JPH0629281U - Satellite receiver - Google Patents

Abstract

(57) [Abstract] [Purpose] With a simple circuit configuration, signals in the band below the satellite broadcast reception band are sufficiently removed. [Configuration] A satellite broadcast signal input terminal 2 to which a satellite broadcast signal is input, a converter drive voltage application terminal 9 to which a converter drive voltage is applied from a DC power source 10, a satellite broadcast signal input terminal 2 and a converter drive voltage LP which is inserted between the voltage application terminal 9 and passes the signal in the band lower than the satellite broadcast reception band to the converter drive voltage application terminal 9 side.
An input unit 20 having an F23 and an HPF 16 having an input end connected to the satellite broadcast signal input terminal 2 and passing signals in a band above the satellite broadcast reception band is provided.

Description

[Detailed description of the device]

[0001]

[Industrial applications]

 The present invention relates to a satellite broadcast receiver that receives satellite broadcasts.

[0002]

[Prior art]

 FIG. 5 is a block diagram showing a configuration example of a conventional satellite broadcast receiver 1. In this figure, 2 is a satellite broadcast signal input terminal to which a satellite broadcast signal is input, and 3 is an amplifier for amplifying the satellite broadcast signal. , An input unit for removing unnecessary signals by selecting with a filter, 4 a local oscillation unit for oscillating a local oscillation signal, and 5 a mixing of the output signal of the input unit 3 with the local oscillation signal for conversion into an intermediate frequency signal in the 400 MHz band This is the mixing section.

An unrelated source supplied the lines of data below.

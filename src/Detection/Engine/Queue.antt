-- ===== src/Detection/Engine/Queue.antt =====
-- The queue of the engine of detection/mod.rs under any sequence of its operations.
use sigmacatch.Json.{Json}
use sigmacatch.Event.Payload.{Event}
use sigmacatch.Detection.Engine.{
  Alert, DetectionEngine, MatchHeader, alert_of, get_alerts, process_events, put_event, put_events,
  zip_alerts, is_empty,
}
use sigmacatch.Prelude.{
  Bool-cases, List, [], ap, append-nil, append_assoc, arith, inl, inr, length, length-append, map,
  refl, sym, ◌++◌, ◌+◌, ◌∙◌, ◌∷◌, ◌≡◌,
}

pub data Op : Type 0 where
  put : List Event → Op
  put_one : Event → Op
  process : Op
  take_alerts : Op

-- The events that are put, in order.
abbrev pub offered : List Op → List Event
offered [] = []
offered (put es ∷ ops) = es ++ offered ops
offered (put_one e ∷ ops) = e ∷ offered ops
offered (process ∷ ops) = offered ops
offered (take_alerts ∷ ops) = offered ops

module _ {Engine : Type 0} (evaluate_batch : Engine → List Json → List (List MatchHeader)) where
  -- The engine behind the operations, and the alerts that were taken.
  unfoldable pub run : List Op → DetectionEngine Engine → DetectionEngine Engine × List Alert
  unfolding put_events put_event process_events get_alerts
  run [] s = (s, [])
  run (put es ∷ ops) s = run ops (put_events es s)
  run (put_one e ∷ ops) s = run ops (put_event e s)
  run (process ∷ ops) s = run ops (process_events evaluate_batch s)
  run (take_alerts ∷ ops) s =
      let rest = run ops (get_alerts s).0 in (rest.0, (get_alerts s).1 ++ rest.1)

  -- No operation changes the rules that alerts are named by.
  pub run-rules :
      (ops : List Op) (s : DetectionEngine Engine)
      → ((run ops s).0.rule_paths ≡ s.rule_paths) × ((run ops s).0.rule_id_map ≡ s.rule_id_map)
  unfolding run
  run-rules [] s = (refl, refl)
  run-rules (put es ∷ ops) s = run-rules ops (put_events es s)
  run-rules (put_one e ∷ ops) s = run-rules ops (put_event e s)
  run-rules (take_alerts ∷ ops) s = run-rules ops (get_alerts s).0
  run-rules (process ∷ ops) s =
      let ih = run-rules ops (process_events evaluate_batch s) in
      elim (Bool-cases (is_empty s.events)) [
        | inl none_left ↦ (ih.0 ∙ rw none_left refl, ih.1 ∙ rw none_left refl)
        | inr some_left ↦ (ih.0 ∙ rw some_left refl, ih.1 ∙ rw some_left refl)
      ]

module _ {Engine : Type 0} (evaluate : Engine → Json → List MatchHeader) where
  -- The alerts of events, each evaluated alone.
  abbrev pub alerts_for : DetectionEngine Engine → List Event → List Alert
  alerts_for s [] = []
  alerts_for s (e ∷ es) = map (alert_of s e) (evaluate s.engine e.event_json) ++ alerts_for s es

  alerts_for-append :
      (s : DetectionEngine Engine) (es fs : List Event)
      → alerts_for s (es ++ fs) ≡ alerts_for s es ++ alerts_for s fs
  alerts_for-append s [] fs = refl
  alerts_for-append s (e ∷ es) fs = simp (alerts_for-append s es fs, append_assoc)

  pub zip_alerts-map :
      (s : DetectionEngine Engine) (es : List Event)
      → zip_alerts s es (map (evaluate s.engine) (map (λ e. e.event_json) es)) ≡ alerts_for s es
  unfolding zip_alerts
  zip_alerts-map s [] = refl
  zip_alerts-map s (e ∷ es) =
      ap (λ l. map (alert_of s e) (evaluate s.engine e.event_json) ++ l) (zip_alerts-map s es)

  -- What a run of operations accounts for, from a state to the next.
  pub record Accounts (s : DetectionEngine Engine) (new : List Event) (s' : DetectionEngine Engine)
      (taken : List Alert) : Type 0 where
    pub same_alerts :
        taken ++ (s'.alerts ++ alerts_for s' s'.events) ≡ s.alerts ++ alerts_for s (s.events ++ new)
    pub processed :
        s'.stats.events_processed + length s'.events
        ≡ s.stats.events_processed + (length s.events + length new)
    pub generated : s'.stats.alerts_generated ≡ s.stats.alerts_generated + length taken

  module _ (evaluate_batch : Engine → List Json → List (List MatchHeader))
      (each : (e : Engine) (js : List Json) → evaluate_batch e js ≡ map (evaluate e) js) where
    process_total :
        (s : DetectionEngine Engine) (new : List Event)
        → (let s' = process_events evaluate_batch s in
            s'.alerts ++ alerts_for s' (s'.events ++ new)
            ≡ s.alerts ++ alerts_for s (s.events ++ new))
    unfolding process_events alert_of
    process_total s new = elim (Bool-cases (is_empty s.events)) [
      | inl none_left ↦ rw none_left refl
      | inr some_left ↦
          rw
            (some_left, each s.engine (map (λ e. e.event_json) s.events), zip_alerts-map s s.events)
            (append_assoc s.alerts (alerts_for s s.events) (alerts_for s new)
              ∙ ap (λ l. s.alerts ++ l) (sym (alerts_for-append s s.events new)))
    ]

    process_counts :
        (s : DetectionEngine Engine)
        → (let s' = process_events evaluate_batch s in
            (s'.stats.events_processed + length s'.events
              ≡ s.stats.events_processed + length s.events)
            × (s'.stats.alerts_generated ≡ s.stats.alerts_generated))
    unfolding process_events
    process_counts s = elim (Bool-cases (is_empty s.events)) [
      | inl none_left ↦ rw none_left (refl, refl)
      | inr some_left ↦ rw some_left (omega arith, refl)
    ]

    -- Whatever the order in which events are put, batches are processed and alerts are taken: the
    -- alerts taken, those that wait, and those that the waiting events will raise are, in this
    -- order, the ones there were and those of every event that waited or was put, each evaluated
    -- alone. The counters count the events processed and the alerts taken.
    pub run-Accounts :
        (ops : List Op) (s : DetectionEngine Engine)
        → Accounts s (offered ops) (run evaluate_batch ops s).0 (run evaluate_batch ops s).1
    unfolding run alert_of
    run-Accounts [] s = record {
      same_alerts = rw (append-nil s.events) refl;
      processed = omega arith;
      generated = omega arith;
    }
    run-Accounts (put es ∷ ops) s =
        let ih = run-Accounts ops (put_events es s) in
        record {
          same_alerts =
              ih.same_alerts
              ∙ ap (λ l. s.alerts ++ alerts_for s l) (append_assoc s.events es (offered ops));
          processed =
              omega
                (arith, ih.processed, length-append s.events es, length-append es (offered ops));
          generated = ih.generated;
        }
    run-Accounts (put_one e ∷ ops) s =
        let ih = run-Accounts ops (put_event e s) in
        record {
          same_alerts =
              ih.same_alerts
              ∙ ap (λ l. s.alerts ++ alerts_for s l) (append_assoc s.events (e ∷ []) (offered ops));
          processed = omega (arith, ih.processed, length-append s.events (e ∷ []));
          generated = ih.generated;
        }
    run-Accounts (process ∷ ops) s =
        let ih = run-Accounts ops (process_events evaluate_batch s) in
        let counts = process_counts s in
        record {
          same_alerts = ih.same_alerts ∙ process_total s (offered ops);
          processed = omega (arith, ih.processed, counts.0);
          generated = omega (arith, ih.generated, counts.1);
        }
    run-Accounts (take_alerts ∷ ops) s =
        let ih = run-Accounts ops (get_alerts s).0 in
        record {
          same_alerts = append_assoc s.alerts _ _ ∙ ap (λ l. s.alerts ++ l) ih.same_alerts;
          processed = ih.processed;
          generated = omega (
            arith,
            ih.generated,
            length-append s.alerts (run evaluate_batch ops (get_alerts s).0).1,
          );
        }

Further, 6 is an intermediate frequency section for selecting and amplifying the intermediate frequency signal, 7 is a demodulation section for detecting the intermediate frequency signal and outputting the image detection signal, and 8 is image detection for outputting the image detection signal. A signal output terminal 9 is a converter drive voltage application terminal to which a converter drive voltage of DC 15 V is applied from an external DC power source 10. The converter drive voltage is supplied to the input section 3 and the satellite broadcast signal input terminal 2. It is supplied to a converter (not shown) connected to the preceding stage of the satellite broadcast signal input terminal 2 via. As a result, the converter (not shown) amplifies the weak signal in the 12 GHz band received by the parabolic antenna (not shown), frequency-converts it into a satellite broadcast signal having a frequency of about 1 GHz, and outputs it via the satellite broadcast signal input terminal 2. , To the satellite broadcast receiver 1.

Next, FIG. 6 is a block diagram showing a configuration example of a main part of the input unit 3 constituting the satellite broadcast receiver 1. In this figure, portions corresponding to the respective portions in FIG. 5 are designated by the same reference numerals, and description thereof will be omitted. In FIG. 6, 11 is a choke coil having a value of 22 μH, for example, and supplies the converter drive voltage applied to the converter drive voltage application terminal 9 to the converter (not shown) via the satellite broadcast signal input terminal 2. However, the satellite broadcast signal supplied from the converter (not shown) via the satellite broadcast signal input terminal 2 is blocked. Reference numeral 12 is, for example, a bypass capacitor having a value of 1000 pF, which is provided near the converter drive voltage application terminal 9 and removes unnecessary signal components.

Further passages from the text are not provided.